= Responsible Gambling Fund =

The Responsible Gambling Fund (RGF) advises the Government of New South Wales (NSW) in Australia on the allocation of funds for initiatives and programs that support responsible gambling and reduce gambling addiction in the state.

The RGF was established under the Casino Control Act of 1992, which requires each casino license in NSW to contribute to the fund, currently set at 2% of gaming revenue.
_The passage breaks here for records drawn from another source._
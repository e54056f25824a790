-- ===== src/Events/Attendance.antt =====
-- Who attends an event: `rsvp` and `cancelRsvp` of src/modules/events/events.service.ts. The row lock
-- that both take on the event makes them one step each.
use ecotrack_api.Common.{
  Bool, Option, [], any, delete_where, false, find, leb, none, not, some, update_where, ℕ, ◌&&◌,
  ◌++◌, ◌+◌, ◌-◌, ◌==◌, ◌∷◌,
}
use ecotrack_api.Db.{
  EventRow, EventStatus, Request, bad_request, conflict, execute, gone, or_throw, pure, query,
  throw, throw_if, when, ◌>>=◌, ◌>>◌,
}
use ecotrack_api.Events.{EventFull, event_entry, event_not_found, find_event, is_event, is_rsvp}
use ecotrack_api.Platform.Audit.{record_audit}

abbrev pub is_scoped_event : ℕ → ℕ → EventRow → Bool
is_scoped_event organisation_id event_id e =
    e.id == event_id && e.organisation_id == organisation_id

-- `maxAttendees !== null && rsvpCount >= maxAttendees`
abbrev pub is_full : Option ℕ → ℕ → Bool
is_full none count = false
is_full (some capacity) count = leb capacity count

abbrev pub count_up : ℕ → EventRow → EventRow
count_up now e = record e { rsvp_count = e.rsvp_count + 1; updated_at = now }

-- `GREATEST(rsvp_count - 1, 0)`: subtraction on ℕ.
abbrev pub count_down : ℕ → EventRow → EventRow
count_down now e = record e { rsvp_count = e.rsvp_count - 1; updated_at = now }

abbrev pub assert_open : EventStatus → Request (Unit {0})
assert_open EventStatus.cancelled = throw (gone "This event has been cancelled.")
assert_open EventStatus.completed = throw (bad_request "This event has already taken place.")
assert_open _ = pure tt

-- The writes of `rsvp` for a volunteer who is not going yet.
unfoldable pub join_event : ℕ → EventRow → ℕ → Request (Unit {0})
join_event organisation_id e user_id = do
  throw_if (is_full e.max_attendees e.rsvp_count) (conflict "This event has reached capacity.")
  execute λ db. record db {
    event_rsvps =
        db.event_rsvps
        ++ record {
          organisation_id = organisation_id;
          event_id = e.id;
          user_id = user_id;
          rsvped_at = db.clock;
        }
          ∷ [];
  }
  execute λ db. record db { events = update_where (is_event e.id) (count_up db.clock) db.events }
  record_audit (event_entry organisation_id user_id "event.rsvp" e.id none)

unfoldable pub rsvp : ℕ → ℕ → ℕ → Request EventFull
rsvp organisation_id event_id user_id = do
  found ← query λ db. find (is_scoped_event organisation_id event_id) db.events
  event ← or_throw found event_not_found
  assert_open event.status
  going ← query λ db. any (is_rsvp event_id user_id) db.event_rsvps
  when (not going) (join_event organisation_id event user_id)
  find_event event_id

-- The writes of `cancelRsvp` once a row has been deleted.
unfoldable pub leave_event : ℕ → ℕ → ℕ → Request (Unit {0})
leave_event organisation_id event_id user_id = do
  execute
      λ db. record db { events = update_where (is_event event_id) (count_down db.clock) db.events }
  record_audit (event_entry organisation_id user_id "event.rsvp_cancelled" event_id none)

unfoldable pub cancel_rsvp : ℕ → ℕ → ℕ → Request EventFull
cancel_rsvp organisation_id event_id user_id = do
  found ← query λ db. find (is_scoped_event organisation_id event_id) db.events
  event ← or_throw found event_not_found
  going ← query λ db. any (is_rsvp event_id user_id) db.event_rsvps
  execute λ db. record db { event_rsvps = delete_where (is_rsvp event_id user_id) db.event_rsvps }
  when going (leave_event organisation_id event_id user_id)
  find_event event_id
==Office of Responsible Gambling ==
The Office of Responsible Gambling is part of the NSW Department of Customer Service and leads the development of responsible gambling strategy and public policy advice to the NSW Government. It supports and manages the RGF, Club, grants Category 3, and Community Development Fund.

==RGF Trustees==
The RGF is administered by nine Trustees who meet at least six times a year to advise the Minister on appropriate allocation of funds and on gambling policy. The Trustees are:

- John Dalzell (Chair) – chair of Denton' global litigation and dispute resolution group
- Dr. Clive Allcock – psychiatrist and founding member of the National Association for Gambling Studies
- Professor Paul Delfabbro – gambling researcher and a lecturer in psychology at the University of Adelaide
- Dr. Greg Hugh – psychiatrist and clinical director of Dubbo Hospital's mental health inpatient unit
- Elizabeth Lyne – accountant and auditor in public practice and commercial accounting
- Mark McCrindle – social researcher and founder of McCrindle Research
- Janett Milligan – senior executive from NSW Government
- Professor Joel Negin – head of the University of Sydney's School of Public Health
- Paul Newson – formerly the Deputy Secretary of Liquor, Gaming & Racing

==RGF-funded projects and initiatives==
In 2018/19, $30 million was committed from the RGF to support responsible gambling in NSW. The Responsible Gambling Fund priority areas for 2018 - 2021 are:

- A research agenda to formulate responsible gambling policy and initiatives
- Investing in community education
- Providing support and counseling services for people experiencing gambling issues and their family members and friends
- Assisting the regulator to develop gambling policy

The RGF also funds Gambling Help NSW which provides support and advice for anyone with gambling problems :

- Phone counseling 24 hours a day, 7 days a week
- Face-to-face gambling counseling available in 270 locations across NSW
- Online chat with a gambling counselor via live online chat or email 24/7
- Specific support services for women, Aboriginal and/or Torres Strait Islander persons or people from multicultural communities
- Financial counseling and legal hep
- Information and tools relating to gambling

==RGF-funded campaigns==

- 2018, 2019 – "Responsible Gambling Awareness Week" 16–22 September 2019: An annual RGF initiative to increase awareness of gambling and gambling harm in the NSW community.
- 2017, 2018, 2019 – "Show some Briquette": An RGF advertising campaign designed to demonstrate responsible gambling to young males aged 18–35, considered at risk of developing a gambling problem in the context of online sports betting.
- 2014 – "Talk ward": An RGF social media campaign encouraging problem gamblers and family and friends of problem gamblers to address gambling issues, provide support to one another and share information about gambling support and resources available in NSW.
- 2014, 2015, 2016 – "Stronger Than You Think": The RGF contracted advertising agency Loud to produce a campaign promoting seeking help for problem gambling as a strength rather than weakness.
- 2012 – "What's gambling really costing you?": The RGF contracted Why Documentaries to produce a campaign for Multicultural Health Communication Services.
- 2008 – "Gambling Hangover": The RGF contracted The Campaign Palace to develop a campaign aimed at males between the ages of 18 and 24. The campaign focused on the "morning after" experience of a problem gambler.